*EXERCISE REQUIREMENTS*.
Take the lines below beginning at the line that has "NodupKeys-snoc j v []" and stopping after the line that has "next_index idx n lt = elim", and print them exactly as they are, with no other lines.

*RECORDED DATA*.
────────────────────
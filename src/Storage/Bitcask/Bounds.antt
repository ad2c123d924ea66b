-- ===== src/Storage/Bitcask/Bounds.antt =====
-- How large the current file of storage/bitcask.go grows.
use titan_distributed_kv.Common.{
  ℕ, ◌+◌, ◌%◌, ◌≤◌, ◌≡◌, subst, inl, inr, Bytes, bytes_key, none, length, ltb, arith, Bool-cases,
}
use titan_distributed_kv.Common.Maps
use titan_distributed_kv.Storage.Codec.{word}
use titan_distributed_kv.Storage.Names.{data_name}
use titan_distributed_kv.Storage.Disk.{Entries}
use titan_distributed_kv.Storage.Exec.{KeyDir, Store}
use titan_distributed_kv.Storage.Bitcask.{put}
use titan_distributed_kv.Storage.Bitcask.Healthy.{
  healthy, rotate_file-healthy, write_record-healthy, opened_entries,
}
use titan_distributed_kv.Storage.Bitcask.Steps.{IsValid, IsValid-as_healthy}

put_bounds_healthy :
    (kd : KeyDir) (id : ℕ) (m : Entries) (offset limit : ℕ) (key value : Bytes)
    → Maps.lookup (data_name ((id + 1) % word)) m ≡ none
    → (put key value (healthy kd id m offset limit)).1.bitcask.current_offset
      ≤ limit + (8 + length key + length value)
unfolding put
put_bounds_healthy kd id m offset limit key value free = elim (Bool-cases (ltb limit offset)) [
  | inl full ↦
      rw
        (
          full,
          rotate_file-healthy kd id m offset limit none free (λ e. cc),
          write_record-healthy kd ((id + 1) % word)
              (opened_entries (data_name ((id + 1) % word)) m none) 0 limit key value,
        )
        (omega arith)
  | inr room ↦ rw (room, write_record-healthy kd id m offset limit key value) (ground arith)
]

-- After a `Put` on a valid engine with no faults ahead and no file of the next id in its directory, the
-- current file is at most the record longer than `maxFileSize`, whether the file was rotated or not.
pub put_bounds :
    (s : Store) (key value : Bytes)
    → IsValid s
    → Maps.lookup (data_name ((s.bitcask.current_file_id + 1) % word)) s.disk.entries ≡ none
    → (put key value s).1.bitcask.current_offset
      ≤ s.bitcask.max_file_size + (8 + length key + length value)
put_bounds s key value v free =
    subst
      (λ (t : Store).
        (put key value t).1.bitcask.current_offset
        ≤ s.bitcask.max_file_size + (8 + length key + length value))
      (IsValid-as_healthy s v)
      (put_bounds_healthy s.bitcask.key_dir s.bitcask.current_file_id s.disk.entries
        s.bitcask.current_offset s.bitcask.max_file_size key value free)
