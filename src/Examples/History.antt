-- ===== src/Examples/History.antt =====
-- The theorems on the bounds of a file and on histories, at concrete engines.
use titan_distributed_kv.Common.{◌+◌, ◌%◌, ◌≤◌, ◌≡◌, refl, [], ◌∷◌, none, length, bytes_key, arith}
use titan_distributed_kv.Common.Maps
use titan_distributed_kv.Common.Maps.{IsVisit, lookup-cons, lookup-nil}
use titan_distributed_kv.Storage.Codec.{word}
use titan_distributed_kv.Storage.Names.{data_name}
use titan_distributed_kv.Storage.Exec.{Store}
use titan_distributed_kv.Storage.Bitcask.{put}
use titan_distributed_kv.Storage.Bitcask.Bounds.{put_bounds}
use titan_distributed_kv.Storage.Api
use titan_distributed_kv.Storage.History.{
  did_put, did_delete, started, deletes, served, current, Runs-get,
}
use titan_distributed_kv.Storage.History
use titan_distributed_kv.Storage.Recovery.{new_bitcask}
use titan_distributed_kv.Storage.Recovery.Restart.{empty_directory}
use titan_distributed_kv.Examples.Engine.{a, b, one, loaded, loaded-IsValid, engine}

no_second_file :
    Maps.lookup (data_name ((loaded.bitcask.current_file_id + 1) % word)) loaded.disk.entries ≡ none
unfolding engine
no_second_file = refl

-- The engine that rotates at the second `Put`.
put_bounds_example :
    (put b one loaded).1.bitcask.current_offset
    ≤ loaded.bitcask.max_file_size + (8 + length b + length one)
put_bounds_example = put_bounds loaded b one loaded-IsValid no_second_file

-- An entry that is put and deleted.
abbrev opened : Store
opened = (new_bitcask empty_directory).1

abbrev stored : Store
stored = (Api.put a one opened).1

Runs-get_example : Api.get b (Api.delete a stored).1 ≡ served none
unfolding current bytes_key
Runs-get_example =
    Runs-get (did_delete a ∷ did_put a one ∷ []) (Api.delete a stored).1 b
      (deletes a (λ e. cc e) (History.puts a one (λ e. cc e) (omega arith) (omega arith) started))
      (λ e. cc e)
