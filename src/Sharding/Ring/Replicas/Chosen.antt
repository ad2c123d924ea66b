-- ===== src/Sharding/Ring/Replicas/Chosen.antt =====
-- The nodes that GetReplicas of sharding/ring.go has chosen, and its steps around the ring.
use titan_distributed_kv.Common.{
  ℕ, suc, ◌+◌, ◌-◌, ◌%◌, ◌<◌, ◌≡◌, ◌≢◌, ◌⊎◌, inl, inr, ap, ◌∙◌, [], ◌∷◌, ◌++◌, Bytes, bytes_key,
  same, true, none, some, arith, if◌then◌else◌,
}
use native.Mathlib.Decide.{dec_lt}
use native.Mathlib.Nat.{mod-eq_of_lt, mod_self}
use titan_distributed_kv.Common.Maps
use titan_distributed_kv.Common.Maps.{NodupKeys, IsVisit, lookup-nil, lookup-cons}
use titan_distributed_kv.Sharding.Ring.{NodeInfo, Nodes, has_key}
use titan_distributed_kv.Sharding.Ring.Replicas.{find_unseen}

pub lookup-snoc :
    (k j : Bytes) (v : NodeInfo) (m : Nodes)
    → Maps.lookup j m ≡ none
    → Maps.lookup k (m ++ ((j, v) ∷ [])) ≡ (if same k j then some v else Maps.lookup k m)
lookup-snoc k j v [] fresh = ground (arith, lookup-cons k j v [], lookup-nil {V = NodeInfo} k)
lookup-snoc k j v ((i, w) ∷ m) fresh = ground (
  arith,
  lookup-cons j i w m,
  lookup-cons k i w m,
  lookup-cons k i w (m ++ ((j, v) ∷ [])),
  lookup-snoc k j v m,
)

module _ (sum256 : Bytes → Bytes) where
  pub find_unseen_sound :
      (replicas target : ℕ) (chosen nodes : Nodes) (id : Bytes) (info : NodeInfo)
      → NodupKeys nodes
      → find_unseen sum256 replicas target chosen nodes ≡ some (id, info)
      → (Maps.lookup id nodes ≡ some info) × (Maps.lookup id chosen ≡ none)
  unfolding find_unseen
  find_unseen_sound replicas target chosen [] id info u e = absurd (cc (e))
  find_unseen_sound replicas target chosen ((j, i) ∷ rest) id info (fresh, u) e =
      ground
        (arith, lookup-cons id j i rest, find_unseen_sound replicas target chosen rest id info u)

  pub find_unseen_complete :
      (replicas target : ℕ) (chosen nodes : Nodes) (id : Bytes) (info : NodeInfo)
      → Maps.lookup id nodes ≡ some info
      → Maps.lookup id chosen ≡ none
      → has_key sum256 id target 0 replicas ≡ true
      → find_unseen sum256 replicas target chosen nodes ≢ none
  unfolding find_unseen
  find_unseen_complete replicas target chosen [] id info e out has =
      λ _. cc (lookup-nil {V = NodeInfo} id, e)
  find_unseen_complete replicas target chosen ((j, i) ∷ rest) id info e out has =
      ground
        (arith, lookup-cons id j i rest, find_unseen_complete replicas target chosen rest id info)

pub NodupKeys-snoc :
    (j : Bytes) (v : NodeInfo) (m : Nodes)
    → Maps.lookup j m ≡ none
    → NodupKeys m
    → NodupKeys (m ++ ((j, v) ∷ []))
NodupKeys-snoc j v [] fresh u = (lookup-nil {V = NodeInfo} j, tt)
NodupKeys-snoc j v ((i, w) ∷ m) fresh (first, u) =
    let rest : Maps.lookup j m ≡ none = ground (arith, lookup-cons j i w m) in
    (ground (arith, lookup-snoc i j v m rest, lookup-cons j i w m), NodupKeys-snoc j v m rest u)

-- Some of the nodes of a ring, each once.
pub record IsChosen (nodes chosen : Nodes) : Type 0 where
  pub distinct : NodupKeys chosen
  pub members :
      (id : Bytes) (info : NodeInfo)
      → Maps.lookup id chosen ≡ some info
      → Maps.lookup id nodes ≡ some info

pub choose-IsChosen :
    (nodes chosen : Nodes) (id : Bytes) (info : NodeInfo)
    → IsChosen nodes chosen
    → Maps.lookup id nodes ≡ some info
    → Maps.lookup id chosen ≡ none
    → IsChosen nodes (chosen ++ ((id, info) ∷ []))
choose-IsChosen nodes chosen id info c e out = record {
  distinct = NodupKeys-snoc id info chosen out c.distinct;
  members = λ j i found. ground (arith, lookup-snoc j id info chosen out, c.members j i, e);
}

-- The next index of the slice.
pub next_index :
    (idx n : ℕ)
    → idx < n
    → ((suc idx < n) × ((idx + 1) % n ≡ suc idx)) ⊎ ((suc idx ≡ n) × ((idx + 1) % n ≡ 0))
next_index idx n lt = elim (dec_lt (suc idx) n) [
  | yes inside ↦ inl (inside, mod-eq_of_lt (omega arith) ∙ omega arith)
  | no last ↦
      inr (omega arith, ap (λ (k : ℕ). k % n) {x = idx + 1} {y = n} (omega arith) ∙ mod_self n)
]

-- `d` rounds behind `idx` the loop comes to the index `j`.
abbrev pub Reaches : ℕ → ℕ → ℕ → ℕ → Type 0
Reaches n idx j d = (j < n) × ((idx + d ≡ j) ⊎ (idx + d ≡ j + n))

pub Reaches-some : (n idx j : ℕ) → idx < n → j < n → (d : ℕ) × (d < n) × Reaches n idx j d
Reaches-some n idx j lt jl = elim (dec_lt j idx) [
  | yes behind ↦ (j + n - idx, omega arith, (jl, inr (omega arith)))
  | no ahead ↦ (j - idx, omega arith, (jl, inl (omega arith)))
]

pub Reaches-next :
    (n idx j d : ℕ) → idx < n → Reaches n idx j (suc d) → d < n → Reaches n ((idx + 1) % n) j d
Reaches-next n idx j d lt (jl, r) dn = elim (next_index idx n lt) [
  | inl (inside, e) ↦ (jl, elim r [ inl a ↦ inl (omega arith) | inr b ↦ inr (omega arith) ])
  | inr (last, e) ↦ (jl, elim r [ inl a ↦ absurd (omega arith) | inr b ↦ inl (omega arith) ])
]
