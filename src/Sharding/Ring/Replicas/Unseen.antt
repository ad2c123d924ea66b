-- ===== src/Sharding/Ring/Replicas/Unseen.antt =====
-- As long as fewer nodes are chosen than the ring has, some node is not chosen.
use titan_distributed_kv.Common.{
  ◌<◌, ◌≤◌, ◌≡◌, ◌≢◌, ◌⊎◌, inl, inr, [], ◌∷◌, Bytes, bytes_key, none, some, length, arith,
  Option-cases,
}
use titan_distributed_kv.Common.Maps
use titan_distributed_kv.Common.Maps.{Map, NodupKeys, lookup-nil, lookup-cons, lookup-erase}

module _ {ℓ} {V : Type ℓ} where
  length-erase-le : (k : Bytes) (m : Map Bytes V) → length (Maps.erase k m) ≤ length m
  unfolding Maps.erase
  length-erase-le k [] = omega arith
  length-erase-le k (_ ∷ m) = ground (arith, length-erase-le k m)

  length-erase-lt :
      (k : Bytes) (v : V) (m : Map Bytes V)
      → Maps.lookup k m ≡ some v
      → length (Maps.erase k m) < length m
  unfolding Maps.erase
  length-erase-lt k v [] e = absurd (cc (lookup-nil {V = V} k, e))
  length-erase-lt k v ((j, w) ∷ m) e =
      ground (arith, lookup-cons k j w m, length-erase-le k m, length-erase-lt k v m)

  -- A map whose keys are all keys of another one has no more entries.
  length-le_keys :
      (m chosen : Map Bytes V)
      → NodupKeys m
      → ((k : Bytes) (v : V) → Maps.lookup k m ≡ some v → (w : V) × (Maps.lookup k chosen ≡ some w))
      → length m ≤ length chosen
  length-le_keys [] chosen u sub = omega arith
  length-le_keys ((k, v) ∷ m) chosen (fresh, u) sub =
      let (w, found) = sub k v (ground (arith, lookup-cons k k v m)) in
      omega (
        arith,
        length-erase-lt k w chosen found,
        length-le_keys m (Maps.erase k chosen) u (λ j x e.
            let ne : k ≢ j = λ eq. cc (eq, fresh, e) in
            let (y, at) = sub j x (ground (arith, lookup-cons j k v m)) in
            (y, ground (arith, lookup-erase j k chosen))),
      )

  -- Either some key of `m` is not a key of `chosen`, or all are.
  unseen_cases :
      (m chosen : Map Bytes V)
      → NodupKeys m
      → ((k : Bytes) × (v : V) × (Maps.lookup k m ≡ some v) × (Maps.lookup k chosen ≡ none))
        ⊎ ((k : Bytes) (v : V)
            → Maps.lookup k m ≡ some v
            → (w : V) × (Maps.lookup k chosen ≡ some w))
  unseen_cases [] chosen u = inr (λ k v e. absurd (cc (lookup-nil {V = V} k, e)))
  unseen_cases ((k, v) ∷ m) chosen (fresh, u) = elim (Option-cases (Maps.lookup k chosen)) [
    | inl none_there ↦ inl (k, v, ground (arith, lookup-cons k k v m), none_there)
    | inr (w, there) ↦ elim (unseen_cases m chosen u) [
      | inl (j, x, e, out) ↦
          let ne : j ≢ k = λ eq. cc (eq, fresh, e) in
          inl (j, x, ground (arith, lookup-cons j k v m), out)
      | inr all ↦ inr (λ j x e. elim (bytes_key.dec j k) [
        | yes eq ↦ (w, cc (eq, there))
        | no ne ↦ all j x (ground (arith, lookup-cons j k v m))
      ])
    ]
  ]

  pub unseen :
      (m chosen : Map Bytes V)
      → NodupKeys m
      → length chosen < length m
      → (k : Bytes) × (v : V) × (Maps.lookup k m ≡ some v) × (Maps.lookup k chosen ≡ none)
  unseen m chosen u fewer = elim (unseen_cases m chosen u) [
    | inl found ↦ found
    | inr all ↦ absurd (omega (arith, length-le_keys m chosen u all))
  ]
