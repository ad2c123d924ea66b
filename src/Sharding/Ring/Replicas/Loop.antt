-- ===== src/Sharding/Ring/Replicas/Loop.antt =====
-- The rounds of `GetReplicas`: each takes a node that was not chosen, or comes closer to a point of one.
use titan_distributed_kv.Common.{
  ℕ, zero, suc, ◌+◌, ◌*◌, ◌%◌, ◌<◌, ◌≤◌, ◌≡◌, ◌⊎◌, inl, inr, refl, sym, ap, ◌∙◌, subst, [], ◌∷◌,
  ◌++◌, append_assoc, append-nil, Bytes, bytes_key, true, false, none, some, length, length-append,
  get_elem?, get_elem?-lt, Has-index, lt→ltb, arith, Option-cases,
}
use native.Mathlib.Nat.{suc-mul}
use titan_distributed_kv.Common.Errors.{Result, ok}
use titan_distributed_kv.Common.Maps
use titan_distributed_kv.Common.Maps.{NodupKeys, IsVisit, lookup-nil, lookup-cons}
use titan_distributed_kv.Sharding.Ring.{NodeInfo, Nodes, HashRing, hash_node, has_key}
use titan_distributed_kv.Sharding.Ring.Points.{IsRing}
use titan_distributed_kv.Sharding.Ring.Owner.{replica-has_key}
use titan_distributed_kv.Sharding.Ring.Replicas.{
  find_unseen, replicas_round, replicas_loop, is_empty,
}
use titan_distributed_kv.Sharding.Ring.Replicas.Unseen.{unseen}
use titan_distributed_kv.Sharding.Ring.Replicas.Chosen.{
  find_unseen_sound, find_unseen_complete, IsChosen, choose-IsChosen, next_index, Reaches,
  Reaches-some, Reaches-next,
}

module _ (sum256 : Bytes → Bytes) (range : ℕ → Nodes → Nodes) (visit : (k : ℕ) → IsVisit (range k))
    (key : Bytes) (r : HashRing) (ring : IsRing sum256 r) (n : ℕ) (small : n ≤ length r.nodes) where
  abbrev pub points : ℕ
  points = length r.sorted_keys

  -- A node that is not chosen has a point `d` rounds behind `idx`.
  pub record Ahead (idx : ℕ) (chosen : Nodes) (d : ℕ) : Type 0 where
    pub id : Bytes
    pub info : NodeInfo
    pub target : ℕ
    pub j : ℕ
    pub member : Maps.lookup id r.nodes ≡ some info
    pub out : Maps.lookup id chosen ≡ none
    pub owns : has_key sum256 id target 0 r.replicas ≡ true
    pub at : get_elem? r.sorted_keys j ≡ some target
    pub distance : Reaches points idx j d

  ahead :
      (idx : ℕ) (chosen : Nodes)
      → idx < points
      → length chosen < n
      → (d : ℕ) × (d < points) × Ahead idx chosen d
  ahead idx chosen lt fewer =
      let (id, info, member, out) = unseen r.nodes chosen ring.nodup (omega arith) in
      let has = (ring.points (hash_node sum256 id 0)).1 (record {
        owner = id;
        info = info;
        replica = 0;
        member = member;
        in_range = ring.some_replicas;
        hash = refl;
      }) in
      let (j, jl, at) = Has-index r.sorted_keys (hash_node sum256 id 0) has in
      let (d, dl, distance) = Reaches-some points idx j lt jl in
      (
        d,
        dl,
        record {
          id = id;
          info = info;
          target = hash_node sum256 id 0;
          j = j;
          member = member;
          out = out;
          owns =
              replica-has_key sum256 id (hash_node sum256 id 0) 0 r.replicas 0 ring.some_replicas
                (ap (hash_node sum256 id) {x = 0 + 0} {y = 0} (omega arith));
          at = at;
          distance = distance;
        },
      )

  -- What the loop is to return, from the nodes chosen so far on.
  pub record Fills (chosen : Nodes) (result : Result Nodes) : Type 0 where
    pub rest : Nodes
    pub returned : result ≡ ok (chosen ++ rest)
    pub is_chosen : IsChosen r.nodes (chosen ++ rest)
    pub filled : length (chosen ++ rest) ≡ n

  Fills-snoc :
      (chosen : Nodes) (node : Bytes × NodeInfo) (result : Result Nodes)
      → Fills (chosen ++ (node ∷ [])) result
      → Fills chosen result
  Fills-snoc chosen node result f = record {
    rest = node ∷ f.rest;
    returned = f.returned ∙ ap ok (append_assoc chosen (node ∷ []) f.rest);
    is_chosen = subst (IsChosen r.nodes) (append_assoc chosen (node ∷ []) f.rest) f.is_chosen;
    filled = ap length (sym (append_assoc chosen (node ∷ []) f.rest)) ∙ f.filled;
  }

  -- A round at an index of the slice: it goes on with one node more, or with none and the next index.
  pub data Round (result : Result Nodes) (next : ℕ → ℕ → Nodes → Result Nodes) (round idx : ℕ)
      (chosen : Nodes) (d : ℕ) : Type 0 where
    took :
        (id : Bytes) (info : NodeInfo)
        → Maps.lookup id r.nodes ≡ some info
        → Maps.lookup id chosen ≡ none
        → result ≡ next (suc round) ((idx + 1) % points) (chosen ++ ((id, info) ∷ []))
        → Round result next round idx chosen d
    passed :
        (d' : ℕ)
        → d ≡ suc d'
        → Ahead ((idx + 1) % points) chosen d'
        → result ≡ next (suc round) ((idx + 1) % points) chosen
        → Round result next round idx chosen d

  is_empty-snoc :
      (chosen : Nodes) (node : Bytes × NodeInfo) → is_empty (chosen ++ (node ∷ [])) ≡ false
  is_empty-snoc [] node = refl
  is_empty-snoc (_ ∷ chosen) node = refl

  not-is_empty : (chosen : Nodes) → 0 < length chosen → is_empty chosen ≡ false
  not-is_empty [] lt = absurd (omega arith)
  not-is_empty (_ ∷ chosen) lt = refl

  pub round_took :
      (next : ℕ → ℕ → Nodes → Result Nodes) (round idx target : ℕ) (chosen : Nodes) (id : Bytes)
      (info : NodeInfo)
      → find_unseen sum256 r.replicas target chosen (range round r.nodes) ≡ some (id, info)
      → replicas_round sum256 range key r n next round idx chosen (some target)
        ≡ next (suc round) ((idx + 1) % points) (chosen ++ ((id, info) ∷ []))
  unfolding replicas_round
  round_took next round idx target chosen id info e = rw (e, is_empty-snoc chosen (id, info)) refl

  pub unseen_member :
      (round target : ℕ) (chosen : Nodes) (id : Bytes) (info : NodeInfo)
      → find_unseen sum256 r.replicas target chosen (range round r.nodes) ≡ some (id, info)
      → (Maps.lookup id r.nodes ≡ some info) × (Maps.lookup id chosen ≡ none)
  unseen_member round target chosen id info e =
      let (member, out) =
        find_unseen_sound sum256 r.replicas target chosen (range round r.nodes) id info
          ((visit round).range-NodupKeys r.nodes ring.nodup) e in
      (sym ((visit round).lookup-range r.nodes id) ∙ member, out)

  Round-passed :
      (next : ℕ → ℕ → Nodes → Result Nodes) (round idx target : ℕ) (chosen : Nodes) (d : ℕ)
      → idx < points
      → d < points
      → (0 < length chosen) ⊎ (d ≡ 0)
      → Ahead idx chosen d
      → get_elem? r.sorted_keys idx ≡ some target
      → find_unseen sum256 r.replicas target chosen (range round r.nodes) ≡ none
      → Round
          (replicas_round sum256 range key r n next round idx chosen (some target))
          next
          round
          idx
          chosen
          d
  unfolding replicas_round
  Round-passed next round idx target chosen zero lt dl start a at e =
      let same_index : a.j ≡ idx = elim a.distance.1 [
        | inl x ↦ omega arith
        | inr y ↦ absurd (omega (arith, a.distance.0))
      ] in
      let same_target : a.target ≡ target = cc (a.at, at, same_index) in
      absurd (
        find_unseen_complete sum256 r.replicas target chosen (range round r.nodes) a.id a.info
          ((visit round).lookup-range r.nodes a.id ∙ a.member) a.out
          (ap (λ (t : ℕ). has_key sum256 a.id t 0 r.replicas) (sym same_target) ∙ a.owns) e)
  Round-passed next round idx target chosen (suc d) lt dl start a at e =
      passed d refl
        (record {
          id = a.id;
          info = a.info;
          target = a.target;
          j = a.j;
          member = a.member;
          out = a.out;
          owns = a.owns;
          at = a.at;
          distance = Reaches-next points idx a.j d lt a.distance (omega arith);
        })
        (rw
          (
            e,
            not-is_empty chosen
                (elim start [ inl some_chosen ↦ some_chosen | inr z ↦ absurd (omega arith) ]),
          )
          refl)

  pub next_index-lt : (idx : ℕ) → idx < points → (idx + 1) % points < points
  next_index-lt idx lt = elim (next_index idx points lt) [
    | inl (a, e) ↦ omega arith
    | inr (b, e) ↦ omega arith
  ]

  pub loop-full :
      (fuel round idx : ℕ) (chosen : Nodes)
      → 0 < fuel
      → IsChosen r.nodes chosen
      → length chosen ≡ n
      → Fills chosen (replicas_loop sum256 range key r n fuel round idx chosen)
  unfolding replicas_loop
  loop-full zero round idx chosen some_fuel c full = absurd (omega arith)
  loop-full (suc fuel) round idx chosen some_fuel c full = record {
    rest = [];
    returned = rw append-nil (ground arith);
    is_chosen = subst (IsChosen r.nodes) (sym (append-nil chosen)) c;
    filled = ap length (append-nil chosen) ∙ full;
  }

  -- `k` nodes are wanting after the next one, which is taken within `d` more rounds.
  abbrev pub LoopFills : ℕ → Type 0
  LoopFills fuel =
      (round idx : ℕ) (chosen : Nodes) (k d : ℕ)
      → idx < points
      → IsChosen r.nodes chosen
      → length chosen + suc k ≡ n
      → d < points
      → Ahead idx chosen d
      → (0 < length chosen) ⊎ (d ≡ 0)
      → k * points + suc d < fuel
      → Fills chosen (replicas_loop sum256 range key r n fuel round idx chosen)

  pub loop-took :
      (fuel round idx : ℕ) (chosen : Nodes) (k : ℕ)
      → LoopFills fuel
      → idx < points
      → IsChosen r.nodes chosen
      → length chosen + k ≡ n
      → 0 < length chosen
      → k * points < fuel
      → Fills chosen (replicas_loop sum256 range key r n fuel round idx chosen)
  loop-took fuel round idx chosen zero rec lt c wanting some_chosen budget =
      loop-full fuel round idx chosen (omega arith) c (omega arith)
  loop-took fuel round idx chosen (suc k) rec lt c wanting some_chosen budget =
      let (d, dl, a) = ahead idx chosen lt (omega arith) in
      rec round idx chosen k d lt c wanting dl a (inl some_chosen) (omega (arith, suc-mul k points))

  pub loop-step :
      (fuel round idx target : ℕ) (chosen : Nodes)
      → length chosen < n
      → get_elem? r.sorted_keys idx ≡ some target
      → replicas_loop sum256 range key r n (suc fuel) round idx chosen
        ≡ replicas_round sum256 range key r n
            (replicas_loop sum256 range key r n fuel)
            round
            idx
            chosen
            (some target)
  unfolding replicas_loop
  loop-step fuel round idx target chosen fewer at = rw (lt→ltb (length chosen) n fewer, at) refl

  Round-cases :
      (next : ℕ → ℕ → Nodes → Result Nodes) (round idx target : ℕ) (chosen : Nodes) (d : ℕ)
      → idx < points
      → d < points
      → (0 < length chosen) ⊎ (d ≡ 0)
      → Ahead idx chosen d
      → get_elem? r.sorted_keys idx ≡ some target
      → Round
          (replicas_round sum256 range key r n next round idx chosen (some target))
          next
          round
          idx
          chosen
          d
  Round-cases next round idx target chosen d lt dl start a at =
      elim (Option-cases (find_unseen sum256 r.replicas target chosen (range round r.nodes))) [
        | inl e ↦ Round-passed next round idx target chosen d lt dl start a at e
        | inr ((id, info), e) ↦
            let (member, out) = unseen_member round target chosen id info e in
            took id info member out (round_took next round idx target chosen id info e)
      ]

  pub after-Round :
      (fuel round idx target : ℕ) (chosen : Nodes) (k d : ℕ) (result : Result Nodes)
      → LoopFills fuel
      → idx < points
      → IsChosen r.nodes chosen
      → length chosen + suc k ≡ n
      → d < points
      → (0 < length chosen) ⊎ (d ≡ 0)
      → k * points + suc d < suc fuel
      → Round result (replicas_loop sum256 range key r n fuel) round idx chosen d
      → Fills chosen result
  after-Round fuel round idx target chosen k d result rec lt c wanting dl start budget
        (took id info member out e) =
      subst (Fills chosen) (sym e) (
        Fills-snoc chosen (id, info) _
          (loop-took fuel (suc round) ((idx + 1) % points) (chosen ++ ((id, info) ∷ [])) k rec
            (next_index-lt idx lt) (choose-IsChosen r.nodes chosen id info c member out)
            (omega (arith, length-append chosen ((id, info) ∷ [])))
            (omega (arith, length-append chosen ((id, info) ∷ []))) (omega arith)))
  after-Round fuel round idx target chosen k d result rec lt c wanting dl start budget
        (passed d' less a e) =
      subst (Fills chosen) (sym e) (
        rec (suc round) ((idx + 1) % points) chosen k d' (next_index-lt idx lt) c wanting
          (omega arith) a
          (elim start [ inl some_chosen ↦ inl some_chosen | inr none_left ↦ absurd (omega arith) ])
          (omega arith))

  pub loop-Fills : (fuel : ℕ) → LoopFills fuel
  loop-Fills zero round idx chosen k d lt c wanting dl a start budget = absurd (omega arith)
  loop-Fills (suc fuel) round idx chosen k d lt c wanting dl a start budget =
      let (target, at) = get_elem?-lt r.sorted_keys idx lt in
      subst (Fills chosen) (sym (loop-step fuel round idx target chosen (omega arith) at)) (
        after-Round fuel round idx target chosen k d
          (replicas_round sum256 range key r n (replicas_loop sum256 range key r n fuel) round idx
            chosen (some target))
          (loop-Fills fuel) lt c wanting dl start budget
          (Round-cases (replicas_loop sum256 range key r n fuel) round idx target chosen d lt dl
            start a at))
────────────────────
*WRITTEN SOLUTION*.
NodupKeys-snoc j v [] fresh u = (lookup-nil {V = NodeInfo} j, tt)
NodupKeys-snoc j v ((i, w) ∷ m) fresh (first, u) =
    let rest : Maps.lookup j m ≡ none = ground (arith, lookup-cons j i w m) in
    (ground (arith, lookup-snoc i j v m rest, lookup-cons j i w m), NodupKeys-snoc j v m rest u)

-- Some of the nodes of a ring, each once.
pub record IsChosen (nodes chosen : Nodes) : Type 0 where
  pub distinct : NodupKeys chosen
  pub members :
      (id : Bytes) (info : NodeInfo)
      → Maps.lookup id chosen ≡ some info
      → Maps.lookup id nodes ≡ some info

pub choose-IsChosen :
    (nodes chosen : Nodes) (id : Bytes) (info : NodeInfo)
    → IsChosen nodes chosen
    → Maps.lookup id nodes ≡ some info
    → Maps.lookup id chosen ≡ none
    → IsChosen nodes (chosen ++ ((id, info) ∷ []))
choose-IsChosen nodes chosen id info c e out = record {
  distinct = NodupKeys-snoc id info chosen out c.distinct;
  members = λ j i found. ground (arith, lookup-snoc j id info chosen out, c.members j i, e);
}

-- The next index of the slice.
pub next_index :
    (idx n : ℕ)
    → idx < n
    → ((suc idx < n) × ((idx + 1) % n ≡ suc idx)) ⊎ ((suc idx ≡ n) × ((idx + 1) % n ≡ 0))
next_index idx n lt = elim (dec_lt (suc idx) n) [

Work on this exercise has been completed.